▸ **YOUR INSTRUCTIONS**:
Go through the data and copy each line where the word "true" shows up.

▸ **Stored data entries**:
━━━━━━━━━━━━━━━━━━━━━━━━━━━━━━
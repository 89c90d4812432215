-- ===== src/Lifecycle/Ending.antt =====
-- The end of a run by `CancelRun`, or by a task that fails for good.
use run_mesh.Base.{
  ℕ, String, Bool, true, false, ◌&&◌, ◌≡◌, refl, sym, ap, subst, ◌∙◌, Option, some, List, [], ◌∷◌,
  ok, err, arith, ◌==◌, Bool-cases, inl, inr, if◌then◌else◌, ◌>>=◌, refuse_if, conflict,
}
use run_mesh.Base.Tables.{All, exists, update_where}
use run_mesh.Workflow.State.{RunStatus, is, is_waiting, dead, run_is}
use run_mesh.Store.Db.{Db, Env, Run, TaskRun}
use run_mesh.Store.Outcomes.{
  fail_task, Failure, cancel_waiting, cancel_row, failure_status, end_run,
}
use run_mesh.Store.Runs.{cancel_run, can_cancel, owned_run, is_open}
use run_mesh.Lifecycle.Rows.{All-trivial}
use run_mesh.Lifecycle.Effects.Outcomes.{fail_task-effect}
use run_mesh.Lifecycle.Effects.Runs.{cancel_run-effect}
use run_mesh.Lifecycle.Fencing.{All-where}

-- No task of the run waits to run.
abbrev pub IsIdle : ℕ → TaskRun → Type 0
IsIdle run t = (t.workflow_run_id == run && is_waiting t.status) ≡ false

idle : (env : Env) (run : ℕ) (xs : List TaskRun) → All (IsIdle run) (cancel_waiting env run xs)
idle env run xs =
    All-where (λ _. Unit {0}) (IsIdle run) (λ t. t.workflow_run_id == run && is_waiting t.status)
      (cancel_row env) xs step (All-trivial xs)
  where
    step :
        (x : TaskRun)
        → Unit {0}
        → IsIdle run
            (if x.workflow_run_id == run && is_waiting x.status then cancel_row env x else x)
    step x _ = elim (Bool-cases (x.workflow_run_id == run && is_waiting x.status)) [
      | inl hit ↦ rw hit (ground arith)
      | inr miss ↦ rw miss miss
    ]

-- What an UPDATE of runs does to a test of the rows.
exists-where :
    (p q q' : Run → Bool) (f : Run → Run) (rs : List Run)
    → ((r : Run) → q (if p r then f r else r) ≡ q' r)
    → exists q (update_where p f rs) ≡ exists q' rs
unfolding exists update_where
exists-where p q q' f [] h = refl
exists-where p q q' f (r ∷ rs) h = rw (h r, exists-where p q q' f rs h) refl

exists-never : (rs : List Run) → exists (λ _. false) rs ≡ false
unfolding exists
exists-never [] = refl
exists-never (r ∷ rs) = exists-never rs

exists-weaken :
    (p q : Run → Bool) (rs : List Run) → exists (λ r. p r && q r) rs ≡ true → exists p rs ≡ true
unfolding exists
exists-weaken p q [] h = absurd (cc)
exists-weaken p q (r ∷ rs) h = elim (Bool-cases (p r)) [
  | inl hit ↦ rw hit refl
  | inr miss ↦ rw miss (exists-weaken p q rs (ground arith))
]

module _ (env : Env) (tenant id : ℕ) (runs : List Run) where
  abbrev cancelled_runs : List Run
  cancelled_runs =
      update_where (can_cancel tenant id)
        (λ r. record r { status = RunStatus.cancelled; completed_at = some env.now }) runs

  none_open : exists (can_cancel tenant id) cancelled_runs ≡ false
  none_open =
      exists-where (can_cancel tenant id) (can_cancel tenant id) (λ _. false) _ runs
        (λ r. ground arith)
      ∙ exists-never runs

  same_owned : exists (owned_run tenant id) cancelled_runs ≡ exists (owned_run tenant id) runs
  same_owned =
      exists-where (can_cancel tenant id) (owned_run tenant id) (owned_run tenant id) _ runs
        (λ r. ground arith)

-- After a cancellation of a run none of its tasks is BLOCKED, READY, DISPATCHING or in RETRY_WAIT, the
-- run is not open any more, and a second cancellation ends in ErrConflict.
pub cancel_run-ends :
    (env env' : Env) (tenant : ℕ) (user user' : Option ℕ) (id : ℕ) (db db' : Db)
    → cancel_run env tenant user id db ≡ ok (tt, db')
    → All (IsIdle id) db'.tasks
      × (exists (can_cancel tenant id) db'.runs ≡ false)
      × (cancel_run env' tenant user' id db' ≡ err conflict)
cancel_run-ends env env' tenant user user' id db db' h =
    let e = (cancel_run-effect env tenant user id db).at (tt, db') h in
    let none_left : exists (can_cancel tenant id) db'.runs ≡ false =
      rw e.runs (none_open env tenant id db.runs) in
    let owned : exists (owned_run tenant id) db'.runs ≡ true =
      rw (e.runs, same_owned env tenant id db.runs)
        (exists-weaken (owned_run tenant id) (λ r. is_open r.status) db.runs e.found) in
    (
      subst (All (IsIdle id)) (sym e.tasks) (idle env id db.tasks),
      none_left,
      unfold cancel_run ◌>>=◌ refuse_if in rw (none_left, owned) refl,
    )

none_running :
    (env : Env) (id : ℕ) (runs : List Run)
    → exists
        (λ r. r.id == id && run_is r.status RunStatus.running)
        (end_run env id RunStatus.failed runs)
      ≡ false
none_running env id runs =
    exists-where _ (λ r. r.id == id && run_is r.status RunStatus.running) (λ _. false) _ runs
      (λ r. ground arith)
    ∙ exists-never runs

-- When a report of a failure leaves the task DEAD, no task of its run is BLOCKED, READY, DISPATCHING or
-- in RETRY_WAIT any more, and the run is not RUNNING any more.
pub fail_task-dead :
    (env : Env) (task : ℕ) (worker : String) (f : Failure) (r : TaskRun) (db db' : Db)
    → fail_task env task worker f db ≡ ok (r, db')
    → r.status ≡ dead
    → All (IsIdle r.workflow_run_id) db'.tasks
      × (exists (λ x. x.id == r.workflow_run_id && run_is x.status RunStatus.running) db'.runs
          ≡ false)
fail_task-dead env task worker f r db db' h is_dead =
    let e = (fail_task-effect env task worker f db).at (r, db') h in
    let same : r.workflow_run_id ≡ e.held.workflow_run_id =
      ap (λ (t : TaskRun). t.workflow_run_id) e.returned in
    let status =
      failure_status e.run.status f.retryable e.held.attempt_count e.held.maximum_attempts in
    let for_good : status ≡ dead = sym (ap (λ (t : TaskRun). t.status) e.returned) ∙ is_dead in
    let dies : is status dead ≡ true = rw for_good refl in
    (
      rw (same, e.tasks, dies) (idle env e.held.workflow_run_id _),
      rw (same, e.runs, dies) (none_running env e.held.workflow_run_id db.runs),
    )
━━━━━━━━━━━━━━━━━━━━━━━━━━━━━━
▸ **TASK SOLUTION**:
  ℕ, String, Bool, true, false, ◌&&◌, ◌≡◌, refl, sym, ap, subst, ◌∙◌, Option, some, List, [], ◌∷◌,
    (p q : Run → Bool) (rs : List Run) → exists (λ r. p r && q r) rs ≡ true → exists p rs ≡ true
    let owned : exists (owned_run tenant id) db'.runs ≡ true =
    let dies : is status dead ≡ true = rw for_good refl in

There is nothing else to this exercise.